I don’t want to die either, I tell him. We are now back at the house and I stop the car and turn back to him.
I don’t want you to die, he tells me, and vacillates between giggles and tears. I, too, struggle to hold it together.
Mommy and I aren’t going to die for a long time, I say. And you’re not going to die for a long time either. That’s why it’s so important to have fun while you are alive, I tell him. It’s really important we have a good time while we are here. Do you understand?
He nods hesitantly, but he is not happy with my answer. That’s just the way it is, I tell him. I’m not happy about it. No one wants to die, but that’s just the way it is. So, let’s go play together, okay?
And this time he nods more affirmatively. He quickly asks if we can open the Spiderman fishing rod I got him the other day. And I say, sure we can, but we’ve got to move first. Can you help me pack the car? And he is happy to help. He is already thinking about other things.
As I now recall it I’m not even sure that that’s how it really went at all. But I remember how sad and lost we felt together, just the two of us, a beautiful closeness that can only come from deep sadness.
Picture a calm lake shaded with thick oaks and sticky berry bushes. Picture the shore, an amoeba-like bank with dark algae-covered stones. Picture a private beach, where someone lies on a beach chair reading “The Times.”
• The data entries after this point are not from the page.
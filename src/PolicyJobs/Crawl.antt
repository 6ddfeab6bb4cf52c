-- ===== src/PolicyJobs/Crawl.antt =====
-- CrawlJobHandler.run of backend/src/app/jobs/crawl_job.py.
use runlet.Prelude.{
  ℕ, Bool, ◌&&◌, not, Option, none, some, List, [], ◌∷◌, ◌++◌, Text, text, strip, is_empty,
  if◌then◌else◌, ◌==◌, nat_eq, list_eq, option_eq, contains, Result, ok, raise, Value, get_or,
  lookup,
}
use runlet.Prelude.Values.{null, str, field_of, from_fields, new_dict, dict}
use runlet.Scheduling.Clock.{DateTime}
use runlet.Scheduling.Jobs.Rows.{accepted, completed}
use runlet.Scheduling.Jobs.Publish.{uuid_text}
use runlet.Scheduling.Policies.{find_row}
use runlet.Assets.Switch.Rows.{CrawlSnapshot, discarded, is_draft}
use runlet.RunCheck.Marks.{text_or}
use runlet.PolicyJobs.Rows.{
  QueuedJob, Policy, Tables, Readings, job_id, text_value, uuid_of, parse_uuid_value,
  resolve_policy, audit,
}
use runlet.PolicyJobs.Marks.{change_job, change_policy, succeeded_policy, mark_running, mark_failed}
use runlet.PolicyJobs.AuthRefresh.{HandlerError, job_not_found, badly_formed_uuid, ended_job}

abbrev pub asset_compile_job_type : Text
asset_compile_job_type = text "asset_compile"

-- The fields of CrawlRunResult that are read.
pub record CrawlRunResult : Type 0 where
  pub status : Text
  pub snapshot_id : Option ℕ
  pub message : Option Text

pub data Crawled : Type 0 where
  returned : CrawlRunResult → Crawled
  raised : Text → Crawled

-- The crawler service, which writes snapshots, over what else it changes (W); W holds the clock too.
pub record Services (W : Type 0) : Type 0 where
  pub utcnow : W → Readings
  pub fromisoformat : Text → Option DateTime
  pub run_crawl : ℕ → Text → List CrawlSnapshot → W → Crawled × (List CrawlSnapshot × W)

-- payload.get("crawl_scope", "full"), if it is a text and not blank
abbrev pub not_blank : Option Text → Option Text
not_blank none = none
not_blank (some scope) = if is_empty (strip scope) then none else some scope

abbrev pub scope_value : Value → Value
scope_value (dict _ fields) =
    get_or (str (text "full")) (lookup (text "crawl_scope") (from_fields fields))
scope_value _ = null

abbrev pub read_scope : Value → Option Text
read_scope payload = not_blank (text_value (scope_value payload))

abbrev pub if_given : Option ℕ → List ℕ → List ℕ
if_given none ids = ids
if_given (some id) ids = id ∷ ids

-- The ids of the snapshots that have a job to compile them.
unfoldable pub queued_snapshot_ids : List QueuedJob → List ℕ
unfolding parse_uuid_value
queued_snapshot_ids [] = []
queued_snapshot_ids (job ∷ jobs) =
    let rest = queued_snapshot_ids jobs in
    if job.job_type == asset_compile_job_type
    then if_given (parse_uuid_value (field_of (text "snapshot_id") job.payload)) rest
    else rest

abbrev pub is_superseded : ℕ → ℕ → List ℕ → CrawlSnapshot → Bool
is_superseded system_id keep_snapshot_id queued snapshot =
    snapshot.system_id == system_id
    && is_draft snapshot.state
    && not (snapshot.id == keep_snapshot_id)
    && not (contains snapshot.id queued)

abbrev pub discard : ℕ → CrawlSnapshot → CrawlSnapshot
discard now snapshot = record snapshot {
  state = discarded;
  discarded_at = some now;
  failure_reason = some (text "superseded_by_newer_draft");
}

-- _discard_superseded_uncompiled_drafts; the rows are changed in place, in whichever order.
unfoldable pub discard_superseded :
    (ℕ → ℕ) → ℕ → ℕ → List ℕ → List CrawlSnapshot → List CrawlSnapshot
unfolding contains
discard_superseded now system_id keep_snapshot_id queued [] = []
discard_superseded now system_id keep_snapshot_id queued (snapshot ∷ snapshots) =
    (if is_superseded system_id keep_snapshot_id queued snapshot
      then discard (now snapshot.id) snapshot
      else snapshot)
    ∷ discard_superseded now system_id keep_snapshot_id queued snapshots

-- The job that is added, under its new id.
abbrev pub compile_job : ℕ → ℕ → QueuedJob
compile_job new_id snapshot_id = record {
  id = new_id;
  job_type = asset_compile_job_type;
  payload = new_dict (
      (text "snapshot_id", str (uuid_text snapshot_id))
      ∷ (text "compile_scope", str (text "impacted_pages_only"))
      ∷ []);
  result_payload = none;
  policy_id = none;
  trigger_source = none;
  scheduled_at = none;
  status = accepted;
  started_at = none;
  finished_at = none;
  failure_message = none;
}

abbrev pub crawled_job : ℕ → ℕ → QueuedJob → QueuedJob
crawled_job snapshot_id now job = record (ended_job completed none now job) {
  result_payload = some (
      new_dict (
        (text "status", str (text "success"))
        ∷ (text "snapshot_id", str (uuid_text snapshot_id))
        ∷ []));
}

-- The discarded drafts, and the job that is added to the queue.
unfoldable pub queue_compile : ℕ → (ℕ → ℕ) → ℕ → ℕ → Tables → Tables
unfolding discard_superseded queued_snapshot_ids
queue_compile new_id now system_id snapshot_id t = record t {
  snapshots =
      discard_superseded now system_id snapshot_id (queued_snapshot_ids t.queued_jobs) t.snapshots;
  queued_jobs = t.queued_jobs ++ compile_job new_id snapshot_id ∷ [];
}

unfoldable pub mark_crawled : ℕ → ℕ → Readings → ℕ → ℕ → Option Policy → Tables → Tables
unfolding queue_compile change_job change_policy uuid_text
mark_crawled id new_id now system_id snapshot_id policy t =
    change_policy policy (succeeded_policy now.reported) (
      change_job id (crawled_job snapshot_id now.finished)
        (queue_compile new_id now.discarded system_id snapshot_id t))

abbrev pub with_snapshots : Tables → List CrawlSnapshot → Tables
with_snapshots t snapshots = record t { snapshots = snapshots }

-- The snapshot of a crawl that succeeded.
abbrev pub crawled_snapshot : CrawlRunResult → Option ℕ
crawled_snapshot result = if result.status == text "success" then result.snapshot_id else none

module _ {W : Type 0} (services : Services W) where
  abbrev pub settle_snapshot :
      ℕ → ℕ → ℕ → Option Policy → Tables → CrawlRunResult → W → Option ℕ → Tables × W
  settle_snapshot id new_id system_id policy t result w none =
      (mark_failed id (services.utcnow w) (text_or result.message (some result.status)) policy t, w)
  settle_snapshot id new_id system_id policy t result w (some snapshot_id) =
      (mark_crawled id new_id (services.utcnow w) system_id snapshot_id policy t, w)

  abbrev pub settle :
      ℕ → ℕ → ℕ → Option Policy → Tables → Crawled × (List CrawlSnapshot × W) → Tables × W
  settle id new_id system_id policy t (raised message, (snapshots, w)) =
      (mark_failed id (services.utcnow w) (some message) policy (with_snapshots t snapshots), w)
  settle id new_id system_id policy t (returned result, (snapshots, w)) =
      settle_snapshot id new_id system_id policy (with_snapshots t snapshots) result w
        (crawled_snapshot result)

  -- run_crawl(system_id=UUID(system_id), ...) and what follows it
  abbrev pub crawl : ℕ → ℕ → Option Policy → Tables → W → Text → Option ℕ → Tables × W
  crawl id new_id policy t w scope none =
      (mark_failed id (services.utcnow w) (some badly_formed_uuid) policy t, w)
  crawl id new_id policy t w scope (some system_id) =
      settle id new_id system_id policy t (services.run_crawl system_id scope t.snapshots w)

  abbrev pub handle_payload :
      ℕ → ℕ → Option Policy → Tables → W → Option Text → Option Text → Tables × W
  handle_payload id new_id policy t w none scope = (
    mark_failed id (services.utcnow w) (some (text "missing system_id in crawl job payload")) policy
        t,
    w,
  )
  handle_payload id new_id policy t w (some system_id) none = (
    mark_failed id (services.utcnow w) (some (text "missing crawl_scope in crawl job payload"))
        policy t,
    w,
  )
  handle_payload id new_id policy t w (some system_id) (some scope) =
      crawl id new_id policy (mark_running id (services.utcnow w) t) w scope
        (uuid_of (some system_id))

  abbrev pub handle_found : ℕ → ℕ → Tables → W → Option QueuedJob → Result HandlerError (Tables × W)
  handle_found id new_id t w none = raise (job_not_found id)
  handle_found id new_id t w (some job) = ok (
      handle_payload id new_id (resolve_policy t.policies job.payload)
        (audit services.fromisoformat id t) w (text_value (field_of (text "system_id") job.payload))
        (read_scope job.payload))

  -- CrawlJobHandler.run; new_id is the id of the row that it may add.
  unfoldable pub run : Tables → ℕ → ℕ → W → Result HandlerError (Tables × W)
  unfolding find_row audit resolve_policy mark_running mark_failed mark_crawled strip lookup
      runlet.Scheduling.Uuids.Parse.parse_uuid
  run t id new_id w = handle_found id new_id t w (find_row job_id id t.queued_jobs)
A motorboat across the lake from you speeds by pulling a water skier. The boat “tick-tacks” along the glassy surface in an effort to throw the skier, but the skier holds on. The boat speeds up and the skier’s grip tightens, but knuckles soon go white and bending a little too far forward the skier goes down. The boat slows and circles the skier. You can hear shouts and laughter. Moments later a bluish-purple “thumbs up” is waved and “Hit it!”: the skier is up again.
It has driven out of sight by now but you can still hear remnants of joyous shouting, and the fading chug of the engine blows through the leaves, and the plip-plopping of a dying wake pats the shore, where someone sits, quite unchanged, reading “The Times.”